Extensions allow users to extend miniscript to have new leaf nodes. This document lists extensions implemented for elements-miniscript with the tapscript opcodes. Users can also implement custom extensions using [Extension] trait.

Value Arithmetic extensions (NumExpr)

  • Pushes single singed 64 bit LE number on stack top. Since these expressions push a 8 byte number, it does not directly fit in the miniscript model. These are used in fragments in one of the comparison fragment listed in the next section.
  • All of introspection opcodes explicitly assert the amount is explicit.
  • This will abort when
    • Any of operations are on confidential amounts. The Null case is automatically converted to explicit zero.
    • Supplied index is out of bounds.
    • Any of the operations overflow. Refer to tapscript opcodes spec for overflow specification
Name Script
i(i64 number) 8-byte-LE-push of <i>
curr_inp_v INSPECTCURRENTINPUTINDEX INPSECTINPUTVALUE <1> EQUALVERIFY
inp_v(i) i INPSECTINPUTVALUE <1> EQUALVERIFY
out_v(i) i INPSECTOUTPUTVALUE <1> EQUALVERIFY
inp_issue_v(i) i OP_INSPECTINPUTISSUANCE DROP DROP <1> EQUALVERIFY NIP NIP
inp_reissue_v(i) i OP_INSPECTINPUTISSUANCE DROP DROP DROP DROP <1> EQUALVERIFY
bitinv(x) [X] INVERT
neg(x) [X] NEG64 <1> EQUALVERIFY
add(x,y) [X] [Y] ADD64 <1> EQUALVERIFY
sub(x,y) [X] [Y] SUB64 <1> EQUALVERIFY
mul(x,y) [X] [Y] MUL64 <1> EQUALVERIFY
div(x,y) [X] [Y] DIV64 <1> EQUALVERIFY NIP
mod(x,y) [X] [Y] DIV64 <1> EQUALVERIFY DROP
bitand(x,y) [X] [Y] AND
bitor(x,y) [X] [Y] OR (cannot fail)
bitxor(x,y) [X] [Y] XOR (cannot fail)
  • The division operation pushes the quotient(a//b) such that the remainder a%b (must be non-negative and less than |b|).
  • neg(a) returns -a, whereas bitinv(a) returns ~a.

Comparison extensions

As mentioned earlier, NumExpr directly does not fit in the miniscript model as it pushes a 8 byte computation result.
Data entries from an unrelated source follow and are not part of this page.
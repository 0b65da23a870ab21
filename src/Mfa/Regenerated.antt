-- ===== src/Mfa/Regenerated.antt =====
-- services/mfa.service.ts: the account after its recovery codes are replaced.
use nest_auth.Prelude.{
  ℕ, zero, suc, ◌≡◌, refl, ◌∙◌, subst, true, false, some, List, [], ◌∷◌, map, Text, is_some, length,
  contains, All, All-contains, text_eq, text_eq_refl, text_eq_iff, eq_of_text_eq, ok, arith,
  Bool-cases, inl, inr,
}
use nest_auth.Prelude.Action.{through, reply_inv, throw_if_inv, pure_inv}
use nest_auth.Totp.{verify_totp}
use nest_auth.Users.{Account, MfaWrite, with_mfa}
use nest_auth.Mfa.{
  Server, State, disable, Decrypted, is_mfa_flow_locked_out, fetch_user_for_context,
  decrypt_with_rotation, stored_secret,
}
use nest_auth.Mfa.Codes.{first_match, verify_recovery_code, scoped_replay_key, legacy_replay_key}
use nest_auth.Mfa.Replay.{unmarked}
use nest_auth.Mfa.Challenge.{codes_of}
use nest_auth.Mfa.Rewritten.{transition_mfa_record-writes, transition_mfa_record-ok}
use nest_auth.Mfa.Gated.{gated-Opened}
use nest_auth.Mfa.RecoveryCodes.{
  count_or_default, CodeSet, Regeneration, hash_recovery_codes, replace_codes, write_codes,
  regenerate_recovery_codes,
}

-- A digest that is in the list is found.
first_match-head :
    (c : Text) (rest hashed : List Text)
    → contains hashed c ≡ true
    → is_some (first_match (c ∷ rest) hashed) ≡ true
unfolding first_match
first_match-head c rest [] h = h
first_match-head c rest (digest ∷ hashed) h =
    let later = first_match-head c rest hashed in
    ground (arith, text_eq_iff c digest, text_eq_iff digest c, later)

contains-digests :
    (hmac : Text → Text) (codes : List Text) (code : Text)
    → contains codes code ≡ true
    → contains (map hmac codes) (hmac code) ≡ true
contains-digests hmac [] code h = h
contains-digests hmac (c ∷ codes) code h = elim (Bool-cases (text_eq c code)) [
  | inl same ↦ rw (eq_of_text_eq c code same, text_eq_refl (hmac code)) refl
  | inr other ↦
      let later = contains-digests hmac codes code (rw other at h) in ground (arith, later)
]

abbrev new_codes : List Text → Account → MfaWrite
new_codes hashed user = record {
  mfa_enabled = true;
  mfa_secret = user.mfa_secret;
  mfa_recovery_codes = some hashed;
}

module _ (server : Server) where
  open server use {env, clock, to_upper_case, hmac_sha1, totp_window, recovery_code_count}
  open server.env use {redis, hmac, hmac_key}
  open server.env.redis use {Store}

  -- The codes that are shown, as many as asked for, and their digests.
  pub hash_recovery_codes_lem :
      (draws : ℕ → List ℕ) (i n : ℕ)
      → let set = hash_recovery_codes server draws i n in
        (length set.plain_codes ≡ n)
        × (set.hashed_codes ≡ map (λ code. hmac code hmac_key) set.plain_codes)
  unfolding hash_recovery_codes
  hash_recovery_codes_lem draws i zero = (refl, refl)
  hash_recovery_codes_lem draws i (suc n) =
      let rest = hash_recovery_codes_lem draws (suc i) n in (rw rest.0 refl, rw rest.1 refl)

  verify-digests :
      (codes : List Text) (code : Text)
      → contains codes code ≡ true
      → is_some (verify_recovery_code server code (map (λ code. hmac code hmac_key) codes)) ≡ true
  unfolding verify_recovery_code
  verify-digests codes code h =
      first_match-head (hmac code hmac_key) _ _
        (contains-digests (λ code. hmac code hmac_key) codes code h)

  replace_codes-enabled :
      (hashed : List Text) (user : Account)
      → user.safe.mfa_enabled ≡ true
      → replace_codes server hashed user ≡ ok (some (new_codes hashed user))
  replace_codes-enabled hashed user enabled = rw enabled refl

  write_codes-writes :
      (r : Regeneration) (set : CodeSet) (w w' : State server) (user : Account) (codes : List Text)
      → fetch_user_for_context server r.context r.user_id r.tenant_id w.users ≡ ok user
      → user.safe.mfa_enabled ≡ true
      → write_codes server r set w ≡ (ok codes, w')
      → (codes ≡ set.plain_codes)
        × (user' : Account) × (fetch_user_for_context server r.context r.user_id r.tenant_id
              w'.users
            ≡ ok user')
        × (user'.safe.mfa_enabled ≡ true)
        × (user'.mfa_secret ≡ user.mfa_secret)
        × (user'.mfa_recovery_codes ≡ some set.hashed_codes)
  unfolding write_codes
  write_codes-writes r set w w' user codes fetched enabled h = through h λ b v e k.
      through k λ checked v' e' k'.
        let choice = replace_codes-enabled set.hashed_codes user enabled in
        let free =
          transition_mfa_record-ok server r.context r.user_id r.tenant_id _ r.lock_token w user
            fetched b v e in
        let done =
          transition_mfa_record-writes server r.context r.user_id r.tenant_id _ r.lock_token w user
            fetched _ free.0 choice in
        let last = pure_inv _ _ k' in
        (
          last.0,
          with_mfa (new_codes set.hashed_codes user) user,
          rw (last.1, (throw_if_inv _ _ _ e').1)
              (subst
                (λ p.
                  fetch_user_for_context server r.context r.user_id r.tenant_id p.1.users
                  ≡ ok (with_mfa (new_codes set.hashed_codes user) user))
                e done.1),
          refl,
          refl,
          refl,
        )

  -- Where regenerateRecoveryCodes goes through, the account had a second factor, the flow was not
  -- locked out, the code fits the stored secret and neither of its marks stood; it shows as many
  -- codes as are configured, the account is read back with the secret it had and with the digests
  -- of exactly the shown codes, and each of the shown codes is then found among them.
  pub regenerate_recovery_codes-replaces :
      (r : Regeneration) (w w' : State server) (codes : List Text)
      → regenerate_recovery_codes server r w ≡ (ok codes, w')
      → (user : Account) × (encrypted : Text) × (d : Decrypted) × (user' : Account)
        × (fetch_user_for_context server r.context r.user_id r.tenant_id w.users ≡ ok user)
        × (user.safe.mfa_enabled ≡ true)
        × (is_mfa_flow_locked_out server disable r.context r.user_id r.tenant_id w.store ≡ ok false)
        × (stored_secret user.mfa_secret ≡ some encrypted)
        × (decrypt_with_rotation server encrypted ≡ some d)
        × (verify_totp to_upper_case hmac_sha1 clock.now d.secret r.totp_code totp_window
            ≡ some true)
        × (unmarked redis
              (scoped_replay_key server r.context r.user_id r.tenant_id r.totp_code)
              (legacy_replay_key server r.context r.user_id r.totp_code)
              w.store
            ≡ true)
        × (length codes ≡ count_or_default recovery_code_count)
        × (fetch_user_for_context server r.context r.user_id r.tenant_id w'.users ≡ ok user')
        × (user'.safe.mfa_enabled ≡ true)
        × (user'.mfa_secret ≡ user.mfa_secret)
        × (user'.mfa_recovery_codes ≡ some (map (λ c. hmac c hmac_key) codes))
        × All
            (λ code.
              is_some (verify_recovery_code server code (codes_of user'.mfa_recovery_codes)) ≡ true)
            codes
  unfolding regenerate_recovery_codes
  regenerate_recovery_codes-replaces r w w' codes h = through h λ fits w1 e1 h1.
      through h1 λ given w0 e0 h0. through h0 λ user w2 e2 h2.
        let i1 = reply_inv _ _ e1 in
        let i0 = throw_if_inv _ _ _ e0 in
        let i2 = reply_inv _ _ e2 in
        let before : w2 ≡ w = i2.1 ∙ i0.1 ∙ i1.1 in
        let fetched : fetch_user_for_context server r.context r.user_id r.tenant_id w.users
            ≡ ok user =
          rw (i0.1, i1.1) at i2.0 in
        let (v, o, k) =
          gated-Opened server r.context r.user_id r.tenant_id r.totp_code user w _ codes w'
            (rw before at h2) in
        let n = count_or_default recovery_code_count in
        let hashed = hash_recovery_codes_lem r.draws 0 n in
        let (same, user', fetched', on', secret, replaced) =
          write_codes-writes r (hash_recovery_codes server r.draws 0 n) v w' user codes
            (rw o.users_kept fetched) o.enabled k in
        let digests : user'.mfa_recovery_codes ≡ some (map (λ c. hmac c hmac_key) codes) =
          replaced ∙ rw (hashed.1, same) refl in
        (
          user,
          o.encrypted,
          o.d,
          user',
          fetched,
          o.enabled,
          o.unlocked,
          o.stored,
          o.decrypted,
          o.fits,
          o.is_new,
          rw same hashed.0,
          fetched',
          on',
          secret,
          digests,
          rw digests (All-contains _ codes (verify-digests codes)),
        )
To use these with miniscript fragments, we can use them inside comparison extensions. These comparison are of type Bzdu.

Name Script
num64_eq(NumExpr_X,NumExpr_Y) [NumExpr_X] [NumExpr_Y] EQUAL
num64_le(NumExpr_X,NumExpr_Y) [NumExpr_X] [NumExpr_Y] LESSTHAN64
num64_ge(NumExpr_X,NumExpr_Y) [NumExpr_X] [NumExpr_Y] GREATERTHAN64
num64_leq(NumExpr_X,NumExpr_Y) [NumExpr_X] [NumExpr_Y] LESSTHANOREQUAL64
num64_geq(NumExpr_X,NumExpr_Y) [NumExpr_X] [NumExpr_Y] GREATERTHANOREQUAL64
  • For example, num64_eq(inp_v(1),mul(curr_inp_v,20)) represents second input value is the multiplication of current input value and fourth output value. This would abort if any of the values are confidential.

Tx Value introspection

AssetExpr

  • pushes a 32 byte asset + 1 byte prefix on stack top. These operations also support confidential assets.
  • This will abort when
    • Supplied index is out of bounds.
Name Script
asset(33 byte hex) [32-byte comm] [1 byte pref] of this asset
curr_inp_asset PUSHCURRENTINPUTINDEX INPSECTINPUTASSET
inp_asset(i) i INPSECTINPUTASSET
out_asset(i) i INPSECTOUTPUTASSET
curr_out_asset PUSHCURRENTINPUTINDEX INPSECTOUTPUTASSET

ValueExpr

  • pushes a 32 byte value(8-byte-LE value if explicit) + 1 byte prefix on stack top. These operations also support confidential values.
  • This will abort when
    • Supplied index is out of bounds.
Name Script
value(33/9 byte hex) [32-byte comm/8 byte LE] [1 byte pref] of this Value
curr_inp_value PUSHCURRENTINPUTINDEX INPSECTINPUTVALUE
inp_value(i) i INPSECTINPUTVALUE
out_value(i) i INPSECTOUTPUTVALUE
curr_out_value PUSHCURRENTINPUTINDEX INPSECTOUTPUTVALUE

SpkExpr: Script PubKey Expression

  • Pushes a witness program + 1 byte witness version on stack top.
  • If the script pubkey is not a witness program. Push a sha256 hash of the script pubkey followed by -1 witness version
  • This will abort when
    • Supplied index is out of bounds.
Name Script
spk(script_hex) [program] [witness version] of this spk (<Sha2Hash(Script)> <-1>) for legacy
curr_inp_spk PUSHCURRENTINPUTINDEX INPSECTINPUTSCRIPTPUBKEY
inp_spk(i) i INPSECTINPUTSCRIPTPUBKEY
out_spk(i) i INPSECTOUTPUTASSETSCRIPTPUBKEY
curr_out_spk PUSHCURRENTINPUTINDEX INPSECTOUTPUTASSETSCRIPTPUBKEY

Introspection Operations

  • ValueExpr, AssetExpr and SpkExpr do not fit in to the miniscript model. To use these in miniscript, we can use the below defined introspection operations. These are of type Bzdu
  • Reasoning the safety of covenants using introspection is not possible for miniscript to do as from point of view of miniscript these are anyone can spend without any signatures. However, in practice these are usually secured via cross input transactional logic beyond the current executing script.
Name Script
is_exp_asset(AssetExpr_X) [AssetExpr_X] <1> EQUAL NIP
is_exp_value(ValueExpr_X) [ValueExpr_X] <1> EQUAL NIP
asset_eq(AssetExpr_X,AssetExpr_Y) [AssetExpr_X] TOALTSTACK [AssetExpr_Y] FROMALTSTACK EQUAL TOALTSTACK EQUAL FROMALTSTACK BOOLAND
value_eq(ValueExpr_X,ValueExpr_Y) [ValueExpr_X] TOALTSTACK [ValueExpr_Y] FROMALTSTACK EQUAL TOALTSTACK EQUAL FROMALTSTACK BOOLAND
spk_eq(SpkExpr_X,SpkExpr_Y) [SpkExpr_X] TOALTSTACK [SpkExpr_Y] FROMALTSTACK EQUAL TOALTSTACK EQUAL FROMALTSTACK BOOLAND
curr_idx_eq(i) <i> PUSHCURRENTINPUTINDEX EQUAL